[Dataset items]
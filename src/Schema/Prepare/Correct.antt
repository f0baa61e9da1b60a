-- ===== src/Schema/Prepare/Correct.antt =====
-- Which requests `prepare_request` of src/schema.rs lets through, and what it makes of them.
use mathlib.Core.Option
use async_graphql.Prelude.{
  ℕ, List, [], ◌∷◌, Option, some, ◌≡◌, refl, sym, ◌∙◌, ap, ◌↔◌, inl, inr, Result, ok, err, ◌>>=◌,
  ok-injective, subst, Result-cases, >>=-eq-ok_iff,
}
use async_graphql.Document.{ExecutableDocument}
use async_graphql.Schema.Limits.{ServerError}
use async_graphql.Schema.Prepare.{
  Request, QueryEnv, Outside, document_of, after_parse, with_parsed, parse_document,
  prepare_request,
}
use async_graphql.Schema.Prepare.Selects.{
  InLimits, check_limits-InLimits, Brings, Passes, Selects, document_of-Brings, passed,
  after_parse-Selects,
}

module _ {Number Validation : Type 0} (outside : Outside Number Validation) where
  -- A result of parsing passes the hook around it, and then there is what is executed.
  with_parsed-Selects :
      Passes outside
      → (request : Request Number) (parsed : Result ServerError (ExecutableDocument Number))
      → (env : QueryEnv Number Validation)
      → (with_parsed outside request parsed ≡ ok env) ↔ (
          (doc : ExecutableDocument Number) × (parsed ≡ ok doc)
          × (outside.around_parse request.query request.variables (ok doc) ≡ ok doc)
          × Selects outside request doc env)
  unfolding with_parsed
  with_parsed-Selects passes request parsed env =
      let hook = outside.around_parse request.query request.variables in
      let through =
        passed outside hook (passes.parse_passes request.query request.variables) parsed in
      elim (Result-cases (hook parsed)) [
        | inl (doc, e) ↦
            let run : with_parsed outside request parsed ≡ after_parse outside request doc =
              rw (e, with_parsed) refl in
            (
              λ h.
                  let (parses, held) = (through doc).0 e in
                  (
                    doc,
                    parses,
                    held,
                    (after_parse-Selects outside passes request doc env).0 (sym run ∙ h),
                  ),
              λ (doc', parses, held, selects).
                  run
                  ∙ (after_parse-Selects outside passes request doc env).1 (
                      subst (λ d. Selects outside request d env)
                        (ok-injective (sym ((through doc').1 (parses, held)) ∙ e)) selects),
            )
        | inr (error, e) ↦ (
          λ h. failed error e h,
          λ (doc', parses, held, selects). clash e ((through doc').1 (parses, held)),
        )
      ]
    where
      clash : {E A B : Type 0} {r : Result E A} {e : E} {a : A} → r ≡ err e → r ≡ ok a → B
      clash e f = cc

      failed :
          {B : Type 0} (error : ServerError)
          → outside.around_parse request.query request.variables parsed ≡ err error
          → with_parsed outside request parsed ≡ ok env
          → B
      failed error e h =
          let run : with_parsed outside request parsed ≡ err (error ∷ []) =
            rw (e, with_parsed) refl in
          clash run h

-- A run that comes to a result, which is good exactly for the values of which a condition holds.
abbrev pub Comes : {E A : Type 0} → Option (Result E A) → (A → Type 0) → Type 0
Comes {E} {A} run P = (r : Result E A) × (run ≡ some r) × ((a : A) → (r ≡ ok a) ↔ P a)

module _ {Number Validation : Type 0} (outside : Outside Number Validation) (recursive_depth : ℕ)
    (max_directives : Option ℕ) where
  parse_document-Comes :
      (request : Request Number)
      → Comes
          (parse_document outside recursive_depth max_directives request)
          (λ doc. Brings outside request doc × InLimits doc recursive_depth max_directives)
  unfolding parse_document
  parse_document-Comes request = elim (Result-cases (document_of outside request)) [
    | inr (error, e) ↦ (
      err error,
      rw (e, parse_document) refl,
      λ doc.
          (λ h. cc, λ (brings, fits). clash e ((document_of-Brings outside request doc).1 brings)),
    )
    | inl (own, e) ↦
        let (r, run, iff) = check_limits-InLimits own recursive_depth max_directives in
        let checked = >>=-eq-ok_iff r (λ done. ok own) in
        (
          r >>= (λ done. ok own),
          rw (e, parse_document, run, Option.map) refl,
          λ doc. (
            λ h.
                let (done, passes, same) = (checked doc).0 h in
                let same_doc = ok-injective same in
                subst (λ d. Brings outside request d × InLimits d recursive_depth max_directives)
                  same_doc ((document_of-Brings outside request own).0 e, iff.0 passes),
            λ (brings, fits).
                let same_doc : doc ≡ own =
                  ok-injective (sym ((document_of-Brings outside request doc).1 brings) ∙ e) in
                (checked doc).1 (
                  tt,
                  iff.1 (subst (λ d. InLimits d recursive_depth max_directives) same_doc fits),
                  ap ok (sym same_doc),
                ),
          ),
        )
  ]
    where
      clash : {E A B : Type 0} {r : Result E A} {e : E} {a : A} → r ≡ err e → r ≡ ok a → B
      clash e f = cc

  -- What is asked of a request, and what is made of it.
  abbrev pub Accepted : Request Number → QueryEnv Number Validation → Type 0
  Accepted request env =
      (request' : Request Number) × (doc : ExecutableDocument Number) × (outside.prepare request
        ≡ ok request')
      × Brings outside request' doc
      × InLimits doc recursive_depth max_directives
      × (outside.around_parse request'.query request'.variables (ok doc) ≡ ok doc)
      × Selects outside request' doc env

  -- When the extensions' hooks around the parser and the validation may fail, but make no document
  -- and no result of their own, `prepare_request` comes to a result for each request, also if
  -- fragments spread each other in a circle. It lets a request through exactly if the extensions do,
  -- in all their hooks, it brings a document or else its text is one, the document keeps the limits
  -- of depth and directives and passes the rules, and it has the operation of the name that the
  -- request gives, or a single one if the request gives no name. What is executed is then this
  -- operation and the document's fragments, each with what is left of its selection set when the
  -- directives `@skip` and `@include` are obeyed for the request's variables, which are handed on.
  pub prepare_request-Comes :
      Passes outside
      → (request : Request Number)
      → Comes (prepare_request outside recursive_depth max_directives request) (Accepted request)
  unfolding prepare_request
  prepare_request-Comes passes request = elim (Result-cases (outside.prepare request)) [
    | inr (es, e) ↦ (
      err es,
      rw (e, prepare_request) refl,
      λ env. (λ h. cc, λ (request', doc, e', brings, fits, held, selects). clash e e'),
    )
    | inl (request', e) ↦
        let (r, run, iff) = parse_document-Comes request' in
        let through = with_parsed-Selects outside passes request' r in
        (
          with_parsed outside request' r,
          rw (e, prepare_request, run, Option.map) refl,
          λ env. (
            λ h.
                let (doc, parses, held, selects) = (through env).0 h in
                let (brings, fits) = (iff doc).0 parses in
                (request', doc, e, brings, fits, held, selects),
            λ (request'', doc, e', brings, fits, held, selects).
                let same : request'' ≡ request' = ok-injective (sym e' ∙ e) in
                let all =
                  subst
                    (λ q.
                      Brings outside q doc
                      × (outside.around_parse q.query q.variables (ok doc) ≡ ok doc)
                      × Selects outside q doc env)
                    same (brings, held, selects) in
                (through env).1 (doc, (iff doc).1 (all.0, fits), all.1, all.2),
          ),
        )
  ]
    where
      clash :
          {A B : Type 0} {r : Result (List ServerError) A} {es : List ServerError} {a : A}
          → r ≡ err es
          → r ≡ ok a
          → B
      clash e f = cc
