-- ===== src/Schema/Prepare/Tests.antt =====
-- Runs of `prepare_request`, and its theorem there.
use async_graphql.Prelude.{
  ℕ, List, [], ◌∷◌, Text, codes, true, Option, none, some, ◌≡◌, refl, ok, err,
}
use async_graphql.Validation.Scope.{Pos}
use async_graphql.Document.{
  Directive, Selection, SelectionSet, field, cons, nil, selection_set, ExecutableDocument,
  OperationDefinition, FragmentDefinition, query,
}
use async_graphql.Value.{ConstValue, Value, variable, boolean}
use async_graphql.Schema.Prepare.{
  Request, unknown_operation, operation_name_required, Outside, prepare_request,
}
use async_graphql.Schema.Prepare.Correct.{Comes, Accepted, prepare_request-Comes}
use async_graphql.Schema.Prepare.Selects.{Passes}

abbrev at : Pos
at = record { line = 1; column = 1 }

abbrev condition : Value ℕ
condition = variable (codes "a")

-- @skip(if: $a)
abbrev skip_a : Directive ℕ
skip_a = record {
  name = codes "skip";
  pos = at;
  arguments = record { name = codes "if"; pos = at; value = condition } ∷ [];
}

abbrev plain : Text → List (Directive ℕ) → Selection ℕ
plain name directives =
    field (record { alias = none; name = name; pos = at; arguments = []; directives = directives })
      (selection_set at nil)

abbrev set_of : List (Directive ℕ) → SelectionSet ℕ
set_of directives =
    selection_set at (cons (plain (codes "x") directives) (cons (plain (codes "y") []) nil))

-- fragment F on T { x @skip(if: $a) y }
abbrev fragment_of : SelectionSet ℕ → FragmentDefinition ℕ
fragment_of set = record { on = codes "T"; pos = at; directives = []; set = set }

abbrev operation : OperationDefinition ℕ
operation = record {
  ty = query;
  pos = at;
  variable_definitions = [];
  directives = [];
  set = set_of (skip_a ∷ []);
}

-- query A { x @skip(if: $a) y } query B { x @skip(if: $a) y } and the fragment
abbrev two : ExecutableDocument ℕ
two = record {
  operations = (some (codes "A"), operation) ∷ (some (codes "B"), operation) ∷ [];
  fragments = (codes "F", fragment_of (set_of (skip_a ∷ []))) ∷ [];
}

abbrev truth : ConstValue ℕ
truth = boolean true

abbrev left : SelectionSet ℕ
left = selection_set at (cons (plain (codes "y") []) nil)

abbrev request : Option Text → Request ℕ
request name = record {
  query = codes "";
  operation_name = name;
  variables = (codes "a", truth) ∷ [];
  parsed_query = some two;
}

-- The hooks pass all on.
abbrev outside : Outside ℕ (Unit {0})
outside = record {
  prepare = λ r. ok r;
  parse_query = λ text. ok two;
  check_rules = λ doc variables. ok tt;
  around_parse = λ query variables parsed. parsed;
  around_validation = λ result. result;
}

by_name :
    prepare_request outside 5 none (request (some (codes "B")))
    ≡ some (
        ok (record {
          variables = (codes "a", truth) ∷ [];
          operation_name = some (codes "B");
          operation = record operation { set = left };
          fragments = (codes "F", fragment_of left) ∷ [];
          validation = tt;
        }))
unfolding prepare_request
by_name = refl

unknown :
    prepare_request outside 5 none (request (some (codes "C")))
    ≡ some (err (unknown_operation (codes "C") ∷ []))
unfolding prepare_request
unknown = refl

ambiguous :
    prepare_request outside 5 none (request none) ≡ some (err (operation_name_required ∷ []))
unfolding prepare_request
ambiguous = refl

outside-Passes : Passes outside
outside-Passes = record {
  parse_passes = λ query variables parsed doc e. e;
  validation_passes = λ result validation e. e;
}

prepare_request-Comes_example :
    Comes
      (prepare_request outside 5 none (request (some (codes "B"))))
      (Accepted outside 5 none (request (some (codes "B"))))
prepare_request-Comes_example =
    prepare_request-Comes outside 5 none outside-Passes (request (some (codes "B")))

■ WHAT TO DO:
Repeat the entries above exactly, from the first line through the line containing "Number Validation) where".

■ RESULT FOR THIS TASK:
filename src/Schema/Prepare/Correct.antt
repository f0baa61e9da1b60a
-- ===== src/Schema/Prepare/Correct.antt =====
-- Which requests `prepare_request` of src/schema.rs lets through, and what it makes of them.
use mathlib.Core.Option
use async_graphql.Prelude.{
  ℕ, List, [], ◌∷◌, Option, some, ◌≡◌, refl, sym, ◌∙◌, ap, ◌↔◌, inl, inr, Result, ok, err, ◌>>=◌,
  ok-injective, subst, Result-cases, >>=-eq-ok_iff,
}
use async_graphql.Document.{ExecutableDocument}
use async_graphql.Schema.Limits.{ServerError}
use async_graphql.Schema.Prepare.{
  Request, QueryEnv, Outside, document_of, after_parse, with_parsed, parse_document,
  prepare_request,
}
use async_graphql.Schema.Prepare.Selects.{
  InLimits, check_limits-InLimits, Brings, Passes, Selects, document_of-Brings, passed,
  after_parse-Selects,
}

module _ {Number Validation : Type 0} (outside : Outside Number Validation) where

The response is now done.